• Task description: One range is to be output from the listing below, exactly as written: the line with "public_key = d.public_key;" to the line with "remote_ip = none;", both kept.

• Data:

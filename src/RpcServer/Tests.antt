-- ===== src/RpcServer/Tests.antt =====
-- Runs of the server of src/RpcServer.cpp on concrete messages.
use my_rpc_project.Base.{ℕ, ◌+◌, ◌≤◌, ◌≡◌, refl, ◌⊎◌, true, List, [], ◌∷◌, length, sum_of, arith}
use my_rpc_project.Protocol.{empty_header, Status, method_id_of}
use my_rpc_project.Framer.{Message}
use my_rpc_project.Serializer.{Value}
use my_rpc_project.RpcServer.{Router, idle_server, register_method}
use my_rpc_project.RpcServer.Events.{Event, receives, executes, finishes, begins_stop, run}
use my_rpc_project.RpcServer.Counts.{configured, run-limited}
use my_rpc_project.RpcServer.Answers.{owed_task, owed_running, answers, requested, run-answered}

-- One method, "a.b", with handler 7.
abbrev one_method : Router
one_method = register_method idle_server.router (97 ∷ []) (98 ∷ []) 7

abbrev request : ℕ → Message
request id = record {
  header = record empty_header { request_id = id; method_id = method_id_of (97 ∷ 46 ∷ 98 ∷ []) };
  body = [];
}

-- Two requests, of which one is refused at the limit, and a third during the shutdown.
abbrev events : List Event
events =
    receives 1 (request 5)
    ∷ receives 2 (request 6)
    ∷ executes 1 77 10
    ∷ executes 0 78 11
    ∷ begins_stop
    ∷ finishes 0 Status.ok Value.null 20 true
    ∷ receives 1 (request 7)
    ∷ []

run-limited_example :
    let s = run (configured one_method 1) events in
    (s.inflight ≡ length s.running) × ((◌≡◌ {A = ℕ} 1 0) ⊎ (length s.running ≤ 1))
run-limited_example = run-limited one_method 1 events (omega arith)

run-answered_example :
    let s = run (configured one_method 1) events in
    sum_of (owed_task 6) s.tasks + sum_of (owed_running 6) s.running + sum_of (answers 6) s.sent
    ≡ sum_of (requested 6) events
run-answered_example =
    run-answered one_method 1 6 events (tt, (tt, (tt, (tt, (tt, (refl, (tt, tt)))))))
--
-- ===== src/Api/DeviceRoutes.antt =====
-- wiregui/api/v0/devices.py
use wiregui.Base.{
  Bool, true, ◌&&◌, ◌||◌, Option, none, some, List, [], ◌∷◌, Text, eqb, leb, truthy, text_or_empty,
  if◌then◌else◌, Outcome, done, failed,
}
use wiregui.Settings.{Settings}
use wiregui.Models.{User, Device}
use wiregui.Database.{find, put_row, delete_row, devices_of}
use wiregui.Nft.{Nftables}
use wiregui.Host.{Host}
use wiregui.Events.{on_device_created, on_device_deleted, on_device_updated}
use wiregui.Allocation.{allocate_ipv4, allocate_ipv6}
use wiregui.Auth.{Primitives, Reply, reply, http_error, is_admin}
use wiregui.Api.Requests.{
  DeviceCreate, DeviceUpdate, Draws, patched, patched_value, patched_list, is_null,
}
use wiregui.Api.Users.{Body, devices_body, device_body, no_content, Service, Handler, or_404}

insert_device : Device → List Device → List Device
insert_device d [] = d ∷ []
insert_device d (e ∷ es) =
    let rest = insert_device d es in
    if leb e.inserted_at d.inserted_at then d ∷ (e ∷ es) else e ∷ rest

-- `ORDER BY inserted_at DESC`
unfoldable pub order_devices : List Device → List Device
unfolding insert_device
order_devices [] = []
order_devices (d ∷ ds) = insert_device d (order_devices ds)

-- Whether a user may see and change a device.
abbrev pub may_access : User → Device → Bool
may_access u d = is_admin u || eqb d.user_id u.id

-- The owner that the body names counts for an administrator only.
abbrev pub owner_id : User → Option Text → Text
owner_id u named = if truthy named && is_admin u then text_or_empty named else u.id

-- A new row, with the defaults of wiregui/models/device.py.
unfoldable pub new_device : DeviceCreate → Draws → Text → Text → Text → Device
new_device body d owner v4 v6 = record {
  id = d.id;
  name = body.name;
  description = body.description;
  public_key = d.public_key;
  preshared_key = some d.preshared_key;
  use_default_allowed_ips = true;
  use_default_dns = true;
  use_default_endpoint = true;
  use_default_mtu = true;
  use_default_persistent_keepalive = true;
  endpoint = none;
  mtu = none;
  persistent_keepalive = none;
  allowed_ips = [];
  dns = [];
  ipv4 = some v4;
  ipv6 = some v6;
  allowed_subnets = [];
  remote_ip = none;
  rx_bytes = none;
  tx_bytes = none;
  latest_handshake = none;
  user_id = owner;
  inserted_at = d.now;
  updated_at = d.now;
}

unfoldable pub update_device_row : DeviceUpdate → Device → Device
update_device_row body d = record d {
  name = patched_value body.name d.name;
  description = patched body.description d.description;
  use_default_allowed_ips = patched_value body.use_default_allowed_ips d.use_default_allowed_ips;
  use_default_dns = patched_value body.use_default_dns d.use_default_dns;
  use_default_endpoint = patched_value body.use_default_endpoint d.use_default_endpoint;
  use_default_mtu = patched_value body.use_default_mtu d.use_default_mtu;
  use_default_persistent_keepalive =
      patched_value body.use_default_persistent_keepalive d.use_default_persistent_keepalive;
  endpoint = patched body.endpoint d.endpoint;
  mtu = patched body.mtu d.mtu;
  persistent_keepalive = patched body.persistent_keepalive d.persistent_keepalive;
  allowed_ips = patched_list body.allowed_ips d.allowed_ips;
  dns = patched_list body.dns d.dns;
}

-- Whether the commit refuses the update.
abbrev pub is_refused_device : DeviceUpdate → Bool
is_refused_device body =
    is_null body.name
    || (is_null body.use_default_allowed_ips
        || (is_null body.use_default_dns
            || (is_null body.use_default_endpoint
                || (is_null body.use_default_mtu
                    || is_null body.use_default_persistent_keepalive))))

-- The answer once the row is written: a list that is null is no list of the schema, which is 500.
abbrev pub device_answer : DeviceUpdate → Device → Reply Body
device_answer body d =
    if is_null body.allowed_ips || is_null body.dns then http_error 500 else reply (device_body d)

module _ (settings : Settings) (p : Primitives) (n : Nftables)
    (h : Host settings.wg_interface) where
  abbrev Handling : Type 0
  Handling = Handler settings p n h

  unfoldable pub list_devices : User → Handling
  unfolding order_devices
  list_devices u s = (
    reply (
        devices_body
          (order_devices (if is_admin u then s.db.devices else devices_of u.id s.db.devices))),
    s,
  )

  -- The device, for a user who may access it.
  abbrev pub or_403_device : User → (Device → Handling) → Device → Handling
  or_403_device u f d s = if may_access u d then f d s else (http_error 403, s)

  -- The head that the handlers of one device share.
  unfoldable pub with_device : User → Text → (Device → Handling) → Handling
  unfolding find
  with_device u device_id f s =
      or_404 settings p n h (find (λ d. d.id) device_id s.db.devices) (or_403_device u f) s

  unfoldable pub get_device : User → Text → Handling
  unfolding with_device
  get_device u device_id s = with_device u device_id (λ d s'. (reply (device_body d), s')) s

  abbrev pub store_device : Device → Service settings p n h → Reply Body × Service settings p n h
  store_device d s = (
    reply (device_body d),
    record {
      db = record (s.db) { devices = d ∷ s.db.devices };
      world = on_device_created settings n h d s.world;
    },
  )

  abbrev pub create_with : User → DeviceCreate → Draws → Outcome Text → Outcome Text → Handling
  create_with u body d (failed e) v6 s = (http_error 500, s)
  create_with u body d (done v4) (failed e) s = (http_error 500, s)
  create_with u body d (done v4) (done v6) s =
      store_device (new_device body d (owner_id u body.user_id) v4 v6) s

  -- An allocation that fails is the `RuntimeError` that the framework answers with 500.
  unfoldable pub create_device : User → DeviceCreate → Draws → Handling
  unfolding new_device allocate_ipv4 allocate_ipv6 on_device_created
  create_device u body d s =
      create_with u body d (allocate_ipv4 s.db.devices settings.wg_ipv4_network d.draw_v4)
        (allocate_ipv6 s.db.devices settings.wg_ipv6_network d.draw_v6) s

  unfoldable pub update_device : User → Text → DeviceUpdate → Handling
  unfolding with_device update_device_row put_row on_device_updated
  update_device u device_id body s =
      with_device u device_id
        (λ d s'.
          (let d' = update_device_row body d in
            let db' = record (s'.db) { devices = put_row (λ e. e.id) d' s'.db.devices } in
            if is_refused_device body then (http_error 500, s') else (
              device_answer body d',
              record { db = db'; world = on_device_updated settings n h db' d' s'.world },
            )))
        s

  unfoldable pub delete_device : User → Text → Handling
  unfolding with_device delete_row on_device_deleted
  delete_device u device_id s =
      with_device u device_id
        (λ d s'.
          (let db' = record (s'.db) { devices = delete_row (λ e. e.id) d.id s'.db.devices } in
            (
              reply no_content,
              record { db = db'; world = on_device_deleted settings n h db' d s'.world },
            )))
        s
--
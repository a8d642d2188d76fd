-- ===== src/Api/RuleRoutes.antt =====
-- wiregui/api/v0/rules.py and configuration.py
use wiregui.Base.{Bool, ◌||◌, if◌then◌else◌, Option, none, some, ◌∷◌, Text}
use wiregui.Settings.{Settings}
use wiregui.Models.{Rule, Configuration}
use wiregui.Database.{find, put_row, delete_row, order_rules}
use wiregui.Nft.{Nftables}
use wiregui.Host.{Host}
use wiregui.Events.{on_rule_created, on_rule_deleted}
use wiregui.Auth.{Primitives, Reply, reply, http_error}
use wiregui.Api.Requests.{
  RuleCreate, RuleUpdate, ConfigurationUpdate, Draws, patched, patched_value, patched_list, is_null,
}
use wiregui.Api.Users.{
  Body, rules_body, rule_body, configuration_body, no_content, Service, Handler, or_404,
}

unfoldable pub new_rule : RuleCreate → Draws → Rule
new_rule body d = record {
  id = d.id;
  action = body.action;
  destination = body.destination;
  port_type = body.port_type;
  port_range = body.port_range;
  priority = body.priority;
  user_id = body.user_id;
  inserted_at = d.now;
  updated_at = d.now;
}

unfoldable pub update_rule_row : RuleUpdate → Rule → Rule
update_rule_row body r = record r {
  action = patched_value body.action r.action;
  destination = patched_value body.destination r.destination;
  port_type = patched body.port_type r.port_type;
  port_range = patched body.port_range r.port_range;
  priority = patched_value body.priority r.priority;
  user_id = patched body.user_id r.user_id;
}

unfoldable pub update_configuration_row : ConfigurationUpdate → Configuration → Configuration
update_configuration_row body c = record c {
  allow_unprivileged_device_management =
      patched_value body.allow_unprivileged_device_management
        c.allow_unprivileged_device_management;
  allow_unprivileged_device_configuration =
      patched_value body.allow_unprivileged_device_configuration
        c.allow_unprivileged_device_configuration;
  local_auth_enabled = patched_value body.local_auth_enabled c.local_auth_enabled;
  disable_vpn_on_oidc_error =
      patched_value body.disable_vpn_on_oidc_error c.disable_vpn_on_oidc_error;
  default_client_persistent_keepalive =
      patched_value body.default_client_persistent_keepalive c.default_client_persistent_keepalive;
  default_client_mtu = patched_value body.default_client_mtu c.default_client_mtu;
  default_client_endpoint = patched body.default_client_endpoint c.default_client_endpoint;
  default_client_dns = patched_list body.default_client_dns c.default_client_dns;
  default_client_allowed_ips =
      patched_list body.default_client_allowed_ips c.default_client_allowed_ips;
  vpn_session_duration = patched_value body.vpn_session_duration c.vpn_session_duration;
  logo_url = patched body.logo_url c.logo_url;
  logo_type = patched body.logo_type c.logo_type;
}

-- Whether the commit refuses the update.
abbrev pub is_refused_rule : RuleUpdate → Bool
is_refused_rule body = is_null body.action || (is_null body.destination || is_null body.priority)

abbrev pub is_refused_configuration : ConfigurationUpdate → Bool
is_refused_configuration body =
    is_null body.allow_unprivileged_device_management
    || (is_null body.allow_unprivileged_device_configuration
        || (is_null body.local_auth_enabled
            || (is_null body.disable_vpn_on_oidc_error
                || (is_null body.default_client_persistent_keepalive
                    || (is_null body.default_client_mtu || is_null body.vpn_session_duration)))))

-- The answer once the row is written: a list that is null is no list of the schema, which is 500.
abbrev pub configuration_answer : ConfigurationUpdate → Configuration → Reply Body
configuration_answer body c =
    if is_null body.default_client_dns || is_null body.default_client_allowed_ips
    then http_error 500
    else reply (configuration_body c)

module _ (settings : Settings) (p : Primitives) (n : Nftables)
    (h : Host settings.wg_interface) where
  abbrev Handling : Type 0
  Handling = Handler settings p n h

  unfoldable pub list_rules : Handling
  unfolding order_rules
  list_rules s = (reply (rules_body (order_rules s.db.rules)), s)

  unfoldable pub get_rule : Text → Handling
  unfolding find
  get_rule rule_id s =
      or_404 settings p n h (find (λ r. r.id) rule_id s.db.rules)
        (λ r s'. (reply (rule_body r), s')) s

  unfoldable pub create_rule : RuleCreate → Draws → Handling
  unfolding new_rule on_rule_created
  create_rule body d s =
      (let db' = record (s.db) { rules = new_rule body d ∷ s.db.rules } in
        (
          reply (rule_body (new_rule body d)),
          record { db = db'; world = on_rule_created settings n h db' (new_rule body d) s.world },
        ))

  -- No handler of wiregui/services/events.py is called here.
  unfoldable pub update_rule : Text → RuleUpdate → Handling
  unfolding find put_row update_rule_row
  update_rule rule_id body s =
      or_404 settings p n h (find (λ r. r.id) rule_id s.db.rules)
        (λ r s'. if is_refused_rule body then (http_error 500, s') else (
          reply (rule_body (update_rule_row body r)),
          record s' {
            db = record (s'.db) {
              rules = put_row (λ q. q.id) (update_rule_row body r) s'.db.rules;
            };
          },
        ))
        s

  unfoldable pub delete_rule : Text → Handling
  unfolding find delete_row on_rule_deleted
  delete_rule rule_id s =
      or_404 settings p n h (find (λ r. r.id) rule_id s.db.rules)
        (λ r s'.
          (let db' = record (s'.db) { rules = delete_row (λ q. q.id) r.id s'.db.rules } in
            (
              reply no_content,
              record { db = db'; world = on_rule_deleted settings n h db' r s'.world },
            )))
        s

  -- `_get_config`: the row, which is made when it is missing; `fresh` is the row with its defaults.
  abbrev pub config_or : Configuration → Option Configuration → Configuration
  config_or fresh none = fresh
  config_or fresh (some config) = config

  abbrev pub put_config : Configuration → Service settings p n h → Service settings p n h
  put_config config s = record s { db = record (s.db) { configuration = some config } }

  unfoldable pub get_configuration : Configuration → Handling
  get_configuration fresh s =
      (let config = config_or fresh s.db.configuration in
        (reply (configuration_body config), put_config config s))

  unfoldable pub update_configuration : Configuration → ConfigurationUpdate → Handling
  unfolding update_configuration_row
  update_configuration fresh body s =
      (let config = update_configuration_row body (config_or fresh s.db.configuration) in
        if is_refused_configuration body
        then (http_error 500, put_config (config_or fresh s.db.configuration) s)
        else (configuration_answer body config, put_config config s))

• Exercise answer:
  public_key = d.public_key;
  preshared_key = some d.preshared_key;
  use_default_allowed_ips = true;
  use_default_dns = true;
  use_default_endpoint = true;
  use_default_mtu = true;
  use_default_persistent_keepalive = true;
  endpoint = none;
  mtu = none;
  persistent_keepalive = none;
  allowed_ips = [];
  dns = [];
  ipv4 = some v4;
  ipv6 = some v6;
  allowed_subnets = [];
  remote_ip = none;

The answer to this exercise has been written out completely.